Pull every line holding the string "NodeState" from the records below.

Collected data
####
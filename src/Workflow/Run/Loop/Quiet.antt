-- ===== src/Workflow/Run/Loop/Quiet.antt =====
-- What is left in the trigger buffer when the loop of core/src/workflow/workflow.ts ends.
use mathlib.Core.Path.{subst}
use adk_js.Prelude.{
  refl, sym, str_eq, ℕ, ◌≤◌, ◌≡◌, ◌∙◌, ◌⊎◌, inl, inr, String, Bool, true, false, not, ◌&&◌, Option,
  none, some, List, [], ◌∷◌, All, arith, length, eq_iff, Bool-cases, Option-cases,
}
use adk_js.Prelude.Dict.{Dict, lookup, has}
use adk_js.Prelude.Names.{contains, insert_all}
use adk_js.Workflow.Run.State.{RehydratedNode, LoopState, Setting, NodeState, Trigger}
use adk_js.Workflow.Run.{is_nil, is_waiting, keys, at_concurrency_limit}
use adk_js.Workflow.Run.Loop.{
  schedule_ready_nodes, Reaches, finalize, interrupted, collect, is_held, final_of,
}
use adk_js.Workflow.Run.Loop.Consistent.{IsConsistent, is_running_state, has_interrupts}
use adk_js.Workflow.Run.Loop.Scheduling.{schedule_lem, Skipped}
use adk_js.Workflow.Run.Loop.Completing.{insert_all-is_nil}
use adk_js.Workflow.Run.Loop.Invariant.{Ready, Reaches-Ready, Reaches-IsConsistent}

All-contains {ℓ} :
    (ns : List String) (P : String → Type ℓ) (n : String) → All P ns → contains n ns ≡ true → P n
All-contains [] P n a h = absurd (false_not_true h)
  where
    false_not_true : false ≡ true → ⊥
    false_not_true k = cc
All-contains (m ∷ ns) P n (p, ps) h = elim (Bool-cases (str_eq m n)) [
  | inl e ↦ subst P (ground (arith, eq_iff m n, e)) p
  | inr e ↦ All-contains ns P n ps (ground (arith, eq_iff m n, eq_iff n m, e, h))
]

pub keys-contains {ℓ} : {A : Type ℓ} (d : Dict A) (n : String) → contains n (keys d) ≡ has n d
keys-contains [] n = refl
keys-contains ((k, v) ∷ d) n = ground (arith, keys-contains d n, eq_iff k n, eq_iff n k)

-- The constructor of `Workflow` refuses a bound below one.
abbrev pub HasRoom : Option ℕ → Type 0
HasRoom none = Unit
HasRoom (some bound) = 1 ≤ bound

module _ {V : Type 0} where
  -- The node is WAITING with interrupts that have no answer yet.
  abbrev pub waits_for_answers : Option (NodeState V) → Bool
  waits_for_answers none = false
  waits_for_answers (some s) = is_waiting s.status && not (is_nil s.interrupts)

  held_cases :
      (o : Option (NodeState V))
      → is_held o ≡ true
      → is_running_state o ≡ false
      → (waits_for_answers o ≡ true) × (has_interrupts o ≡ true)
  held_cases none h r = absurd (none_held h)
    where
      none_held : false ≡ true → ⊥
      none_held k = cc
  held_cases (some s) h r = (ground (arith, h, r), ground (arith, h, r))

module _ {V : Type 0} (c : Setting V) where
  collect-is_nil :
      (d : Dict (NodeState V)) (ids : List String)
      → is_nil ids ≡ false
      → is_nil (collect c ids d) ≡ false
  collect-is_nil [] ids h = h
  collect-is_nil ((n, s) ∷ d) ids h = elim (Bool-cases (is_waiting s.status)) [
    | inl w ↦
        rw w (collect-is_nil d (insert_all ids s.interrupts) (insert_all-is_nil s.interrupts ids h))
    | inr w ↦ rw w (collect-is_nil d ids h)
  ]

  has_room :
      (l : LoopState V)
      → HasRoom c.max_concurrency
      → l.pending ≡ []
      → at_concurrency_limit c l ≡ false
  unfolding at_concurrency_limit
  has_room l h p = elim (Option-cases c.max_concurrency) [
    | inl e ↦ rw e refl
    | inr (bound, e) ↦ ground (arith, e, h, p)
  ]

  -- What ends the workflow with interrupts.
  abbrev pub EndsInterrupted : LoopState V → List String → Type 0
  EndsInterrupted l dynamic = (ids : List String) × (finalize c l dynamic ≡ interrupted ids)

  finalize-interrupted :
      (l : LoopState V) (dynamic : List String)
      → is_nil l.interrupt_ids ≡ false
      → EndsInterrupted l dynamic
  unfolding finalize
  finalize-interrupted l dynamic h = go (insert_all (collect c l.interrupt_ids l.nodes) dynamic) (
      insert_all-is_nil dynamic (collect c l.interrupt_ids l.nodes)
        (collect-is_nil l.nodes l.interrupt_ids h))
    where
      go :
          (ids : List String)
          → is_nil ids ≡ false
          → (is : List String) × (final_of c l ids ≡ interrupted is)
      go [] k = absurd (true_not_false k)
        where
          true_not_false : true ≡ false → ⊥
          true_not_false e = cc
      go (i ∷ is) k = (i ∷ is, refl)

  both : {b : Bool} → b ≡ false → b ≡ true → ⊥
  both h k = cc

  -- A name in a buffer that a scheduling left alone.
  left_alone :
      (l : LoopState V) (n : String) (ts : List (Trigger V))
      → IsConsistent c l
      → l.pending ≡ []
      → Skipped c l n
      → lookup n l.trigger_buffer ≡ some ts
      → (waits_for_answers (lookup n l.nodes) ≡ true) × (is_nil l.interrupt_ids ≡ false)
  left_alone l n ts v p s b =
      let idle : has n l.pending ≡ false = rw p refl in
      let stopped : is_running_state (lookup n l.nodes) ≡ false = sym (v.running_iff n) ∙ idle in
      elim s [
        | inl h ↦ absurd (both idle h)
        | inr (inr h) ↦ absurd (both (v.buffered n) (ground (arith, b, h)))
        | inr (inl h) ↦
            let (w, i) = held_cases (lookup n l.nodes) h stopped in
            (w, elim (v.recorded n) [ inl none_there ↦ absurd (both none_there i) | inr r ↦ r ])
      ]

  -- A consistent loop that is scheduled and has no task has only triggers of nodes that wait.
  Ready-quiet :
      (l : LoopState V) (n : String)
      → HasRoom c.max_concurrency
      → Ready c l
      → IsConsistent c l
      → l.pending ≡ []
      → (lookup n l.trigger_buffer ≡ none)
        ⊎ ((waits_for_answers (lookup n l.nodes) ≡ true) × (is_nil l.interrupt_ids ≡ false))
  unfolding schedule_ready_nodes
  Ready-quiet l n room r v p =
      let (_, scheduled) =
        schedule_lem c (keys r.before.trigger_buffer) r.before l r.before_consistent r.scheduled in
      elim scheduled [
        | inl more ↦ absurd (none_pending p more)
        | inr (same, inl full) ↦ absurd (
            both (has_room l room p) (subst (λ x. at_concurrency_limit c x ≡ true) (sym same) full))
        | inr (same, inr all) ↦
            let all' = subst (λ x. All (Skipped c x) (keys x.trigger_buffer)) (sym same) all in
            elim (Option-cases (lookup n l.trigger_buffer)) [
              | inl gone ↦ inl gone
              | inr (ts, b) ↦ inr (
                  left_alone l n ts v p
                    (All-contains (keys l.trigger_buffer) (Skipped c l) n all'
                      (keys-contains l.trigger_buffer n ∙ ground (arith, b)))
                    b)
            ]
      ]
    where
      none_pending : l.pending ≡ [] → 1 ≤ length l.pending → ⊥
      none_pending h k = ground (arith, h, k)

  -- Whatever tasks complete, in any order and with any results: if `maxConcurrency` is at least one
  -- where it is set, and the loop ends since no task is pending, then a trigger is left in the buffer
  -- only for a node that is WAITING for the answers to its interrupts, and then the workflow ends with
  -- interrupts, whatever the interrupts of dynamic children.
  pub Reaches-quiet :
      (rehydrated : Dict (List (RehydratedNode V))) (node_input : Option V) (l : LoopState V)
      (n : String) (dynamic : List String)
      → HasRoom c.max_concurrency
      → Reaches c rehydrated node_input l
      → l.pending ≡ []
      → (lookup n l.trigger_buffer ≡ none)
        ⊎ ((waits_for_answers (lookup n l.nodes) ≡ true) × EndsInterrupted l dynamic)
  Reaches-quiet rehydrated node_input l n dynamic room h p =
      elim (Ready-quiet l n room (Reaches-Ready c rehydrated node_input l h)
        (Reaches-IsConsistent c rehydrated node_input l h) p) [
          | inl gone ↦ inl gone
          | inr (w, i) ↦ inr (w, finalize-interrupted l dynamic i)
        ]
####
(Exercise answer):
use adk_js.Workflow.Run.State.{RehydratedNode, LoopState, Setting, NodeState, Trigger}
  abbrev pub waits_for_answers : Option (NodeState V) → Bool
      (o : Option (NodeState V))
      (d : Dict (NodeState V)) (ids : List String)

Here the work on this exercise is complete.